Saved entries
———

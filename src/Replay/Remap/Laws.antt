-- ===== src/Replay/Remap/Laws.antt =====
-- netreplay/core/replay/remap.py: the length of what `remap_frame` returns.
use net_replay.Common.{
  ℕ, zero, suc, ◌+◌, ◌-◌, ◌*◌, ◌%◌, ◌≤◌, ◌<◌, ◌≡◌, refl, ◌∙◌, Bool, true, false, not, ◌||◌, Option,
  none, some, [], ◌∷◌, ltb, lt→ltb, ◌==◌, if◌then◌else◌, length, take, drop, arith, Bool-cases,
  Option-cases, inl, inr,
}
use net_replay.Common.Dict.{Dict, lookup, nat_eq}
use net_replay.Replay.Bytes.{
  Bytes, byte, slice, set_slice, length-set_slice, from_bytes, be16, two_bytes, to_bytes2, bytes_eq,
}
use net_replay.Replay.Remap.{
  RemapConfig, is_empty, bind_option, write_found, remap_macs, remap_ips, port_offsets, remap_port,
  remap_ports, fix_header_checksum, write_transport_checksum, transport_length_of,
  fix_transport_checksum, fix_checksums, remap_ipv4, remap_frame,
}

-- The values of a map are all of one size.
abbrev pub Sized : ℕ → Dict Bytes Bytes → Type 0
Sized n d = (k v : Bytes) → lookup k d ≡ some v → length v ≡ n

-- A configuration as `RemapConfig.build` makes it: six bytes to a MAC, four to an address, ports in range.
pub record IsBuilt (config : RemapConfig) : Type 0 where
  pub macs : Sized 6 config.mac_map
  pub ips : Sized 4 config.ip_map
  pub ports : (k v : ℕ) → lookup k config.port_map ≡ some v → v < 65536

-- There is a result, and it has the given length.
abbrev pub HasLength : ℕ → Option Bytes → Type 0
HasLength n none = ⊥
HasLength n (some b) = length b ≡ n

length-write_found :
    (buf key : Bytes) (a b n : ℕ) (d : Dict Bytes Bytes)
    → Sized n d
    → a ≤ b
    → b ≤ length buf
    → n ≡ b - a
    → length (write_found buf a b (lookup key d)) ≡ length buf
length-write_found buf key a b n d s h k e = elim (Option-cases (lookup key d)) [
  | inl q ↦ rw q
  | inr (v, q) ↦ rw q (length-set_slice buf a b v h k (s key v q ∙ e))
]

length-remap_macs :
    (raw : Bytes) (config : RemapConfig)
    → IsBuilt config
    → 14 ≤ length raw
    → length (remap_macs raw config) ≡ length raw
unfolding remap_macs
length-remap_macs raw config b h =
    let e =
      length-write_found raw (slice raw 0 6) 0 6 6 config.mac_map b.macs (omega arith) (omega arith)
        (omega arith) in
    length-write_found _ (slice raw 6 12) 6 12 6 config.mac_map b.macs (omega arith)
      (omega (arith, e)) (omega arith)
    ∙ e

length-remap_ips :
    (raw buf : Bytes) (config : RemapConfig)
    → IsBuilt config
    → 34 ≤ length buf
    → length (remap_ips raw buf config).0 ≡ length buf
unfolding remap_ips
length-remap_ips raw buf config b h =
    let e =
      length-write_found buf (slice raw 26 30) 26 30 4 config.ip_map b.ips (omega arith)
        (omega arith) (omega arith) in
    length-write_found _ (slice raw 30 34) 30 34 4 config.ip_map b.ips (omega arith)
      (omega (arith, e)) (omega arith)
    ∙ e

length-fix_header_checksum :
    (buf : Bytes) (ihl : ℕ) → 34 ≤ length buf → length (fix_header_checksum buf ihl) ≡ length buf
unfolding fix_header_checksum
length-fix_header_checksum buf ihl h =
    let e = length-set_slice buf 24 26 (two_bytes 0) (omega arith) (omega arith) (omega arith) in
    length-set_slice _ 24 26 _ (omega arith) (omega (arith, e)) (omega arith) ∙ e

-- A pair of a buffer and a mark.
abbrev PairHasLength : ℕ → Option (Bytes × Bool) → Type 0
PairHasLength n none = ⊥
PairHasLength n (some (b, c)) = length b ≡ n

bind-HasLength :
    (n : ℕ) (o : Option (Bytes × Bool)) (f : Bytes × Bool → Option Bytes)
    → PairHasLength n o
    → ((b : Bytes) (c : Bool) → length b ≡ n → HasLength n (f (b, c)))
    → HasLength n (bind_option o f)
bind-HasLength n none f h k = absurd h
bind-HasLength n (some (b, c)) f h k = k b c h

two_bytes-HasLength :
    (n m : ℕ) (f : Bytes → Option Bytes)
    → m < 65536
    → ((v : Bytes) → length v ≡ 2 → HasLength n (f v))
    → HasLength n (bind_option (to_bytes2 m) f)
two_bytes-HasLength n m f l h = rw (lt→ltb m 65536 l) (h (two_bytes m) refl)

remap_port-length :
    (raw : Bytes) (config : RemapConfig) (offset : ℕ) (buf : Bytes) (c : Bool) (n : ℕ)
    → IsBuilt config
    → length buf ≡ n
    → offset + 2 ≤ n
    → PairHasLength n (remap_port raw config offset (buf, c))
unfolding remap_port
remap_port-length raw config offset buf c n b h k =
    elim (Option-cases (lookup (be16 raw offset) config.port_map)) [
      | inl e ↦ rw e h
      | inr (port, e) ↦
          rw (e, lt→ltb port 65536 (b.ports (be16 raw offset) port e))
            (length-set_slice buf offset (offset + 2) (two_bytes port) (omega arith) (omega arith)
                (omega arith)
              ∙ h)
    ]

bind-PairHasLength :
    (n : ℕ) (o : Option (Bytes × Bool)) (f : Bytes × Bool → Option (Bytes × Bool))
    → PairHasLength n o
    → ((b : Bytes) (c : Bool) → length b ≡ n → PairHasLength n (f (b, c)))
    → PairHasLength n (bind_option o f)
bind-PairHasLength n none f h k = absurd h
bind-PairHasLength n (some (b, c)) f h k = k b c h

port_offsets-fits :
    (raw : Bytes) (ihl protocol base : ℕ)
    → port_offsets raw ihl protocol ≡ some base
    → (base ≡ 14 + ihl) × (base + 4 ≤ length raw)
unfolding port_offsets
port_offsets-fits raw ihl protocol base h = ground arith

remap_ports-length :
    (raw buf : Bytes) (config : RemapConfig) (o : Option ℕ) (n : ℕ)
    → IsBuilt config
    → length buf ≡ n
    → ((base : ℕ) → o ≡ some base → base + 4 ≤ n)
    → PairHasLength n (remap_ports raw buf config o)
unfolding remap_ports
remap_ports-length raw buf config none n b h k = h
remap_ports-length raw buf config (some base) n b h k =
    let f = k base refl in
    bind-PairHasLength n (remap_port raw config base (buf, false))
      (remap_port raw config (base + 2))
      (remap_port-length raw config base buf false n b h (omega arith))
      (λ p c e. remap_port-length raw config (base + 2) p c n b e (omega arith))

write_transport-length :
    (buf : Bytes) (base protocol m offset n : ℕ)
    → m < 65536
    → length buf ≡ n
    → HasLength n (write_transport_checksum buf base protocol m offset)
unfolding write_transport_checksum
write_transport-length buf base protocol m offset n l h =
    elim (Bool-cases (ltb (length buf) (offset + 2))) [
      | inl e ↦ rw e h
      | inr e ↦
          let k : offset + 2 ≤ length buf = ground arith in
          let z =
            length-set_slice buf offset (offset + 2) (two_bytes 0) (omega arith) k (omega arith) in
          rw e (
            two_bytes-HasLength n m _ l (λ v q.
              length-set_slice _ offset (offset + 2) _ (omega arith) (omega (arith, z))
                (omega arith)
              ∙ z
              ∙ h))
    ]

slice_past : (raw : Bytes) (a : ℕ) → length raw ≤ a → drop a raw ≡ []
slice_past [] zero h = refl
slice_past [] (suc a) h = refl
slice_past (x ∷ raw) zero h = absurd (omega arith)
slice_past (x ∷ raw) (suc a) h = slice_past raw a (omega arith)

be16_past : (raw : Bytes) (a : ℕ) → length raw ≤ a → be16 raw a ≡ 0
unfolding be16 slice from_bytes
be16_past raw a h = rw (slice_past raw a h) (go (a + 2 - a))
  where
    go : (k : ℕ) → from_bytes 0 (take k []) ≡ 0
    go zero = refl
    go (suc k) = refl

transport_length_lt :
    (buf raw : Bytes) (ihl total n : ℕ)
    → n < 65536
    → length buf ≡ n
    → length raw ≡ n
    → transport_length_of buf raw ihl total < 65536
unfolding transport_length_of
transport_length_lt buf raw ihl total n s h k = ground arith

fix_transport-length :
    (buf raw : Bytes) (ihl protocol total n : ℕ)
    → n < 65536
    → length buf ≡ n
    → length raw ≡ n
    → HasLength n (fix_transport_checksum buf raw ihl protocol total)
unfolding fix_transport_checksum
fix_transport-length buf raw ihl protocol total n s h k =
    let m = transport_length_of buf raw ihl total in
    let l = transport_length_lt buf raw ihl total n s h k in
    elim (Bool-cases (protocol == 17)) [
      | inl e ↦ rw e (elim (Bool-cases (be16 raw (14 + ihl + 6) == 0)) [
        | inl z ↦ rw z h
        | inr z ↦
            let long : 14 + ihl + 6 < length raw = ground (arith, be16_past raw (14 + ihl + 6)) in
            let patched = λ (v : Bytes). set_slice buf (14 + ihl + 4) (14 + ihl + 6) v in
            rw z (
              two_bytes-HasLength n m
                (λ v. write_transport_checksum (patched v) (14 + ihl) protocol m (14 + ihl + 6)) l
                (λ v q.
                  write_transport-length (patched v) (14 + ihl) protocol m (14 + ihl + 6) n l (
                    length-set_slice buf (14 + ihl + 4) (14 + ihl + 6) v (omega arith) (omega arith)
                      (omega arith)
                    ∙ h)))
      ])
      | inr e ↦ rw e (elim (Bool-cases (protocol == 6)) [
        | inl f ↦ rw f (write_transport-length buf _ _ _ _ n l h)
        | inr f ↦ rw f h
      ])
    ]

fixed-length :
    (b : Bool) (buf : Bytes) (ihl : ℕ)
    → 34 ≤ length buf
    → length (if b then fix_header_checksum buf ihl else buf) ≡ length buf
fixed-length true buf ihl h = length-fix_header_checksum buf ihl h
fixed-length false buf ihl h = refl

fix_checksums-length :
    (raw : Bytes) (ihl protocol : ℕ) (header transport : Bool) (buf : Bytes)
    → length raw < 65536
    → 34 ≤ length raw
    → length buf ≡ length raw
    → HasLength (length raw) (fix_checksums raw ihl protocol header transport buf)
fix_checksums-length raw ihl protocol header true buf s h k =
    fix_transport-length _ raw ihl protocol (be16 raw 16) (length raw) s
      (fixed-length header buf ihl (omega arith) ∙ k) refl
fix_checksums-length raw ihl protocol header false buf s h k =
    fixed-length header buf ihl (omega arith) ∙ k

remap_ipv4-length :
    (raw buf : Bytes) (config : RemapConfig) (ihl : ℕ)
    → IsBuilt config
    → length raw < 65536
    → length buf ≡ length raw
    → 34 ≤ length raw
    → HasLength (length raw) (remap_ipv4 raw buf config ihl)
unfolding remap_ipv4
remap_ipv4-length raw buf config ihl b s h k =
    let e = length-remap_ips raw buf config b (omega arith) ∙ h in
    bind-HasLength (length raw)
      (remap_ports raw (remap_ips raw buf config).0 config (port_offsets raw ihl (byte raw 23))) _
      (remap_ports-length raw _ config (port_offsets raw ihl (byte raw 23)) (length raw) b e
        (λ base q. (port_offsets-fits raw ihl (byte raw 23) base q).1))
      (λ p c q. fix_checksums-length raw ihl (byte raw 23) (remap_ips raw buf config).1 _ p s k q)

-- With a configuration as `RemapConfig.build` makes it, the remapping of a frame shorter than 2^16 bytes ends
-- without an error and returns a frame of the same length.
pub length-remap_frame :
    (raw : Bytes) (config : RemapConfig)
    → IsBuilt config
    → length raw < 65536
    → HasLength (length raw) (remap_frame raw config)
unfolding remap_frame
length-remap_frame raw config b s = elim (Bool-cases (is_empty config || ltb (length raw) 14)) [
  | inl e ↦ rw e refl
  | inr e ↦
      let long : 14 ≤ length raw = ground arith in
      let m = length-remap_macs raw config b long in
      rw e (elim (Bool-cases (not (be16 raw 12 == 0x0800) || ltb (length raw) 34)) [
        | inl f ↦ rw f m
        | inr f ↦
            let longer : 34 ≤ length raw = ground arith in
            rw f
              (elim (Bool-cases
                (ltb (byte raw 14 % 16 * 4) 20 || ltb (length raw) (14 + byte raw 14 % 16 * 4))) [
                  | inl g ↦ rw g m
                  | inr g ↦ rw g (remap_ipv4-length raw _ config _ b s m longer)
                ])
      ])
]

———

What the exercise asks ▸ For each line of the data that has the word "patched", report that line.

Task answer ▸
            let patched = λ (v : Bytes). set_slice buf (14 + ihl + 4) (14 + ihl + 6) v in
                (λ v. write_transport_checksum (patched v) (14 + ihl) protocol m (14 + ihl + 6)) l
                  write_transport-length (patched v) (14 + ihl) protocol m (14 + ihl + 6) n l (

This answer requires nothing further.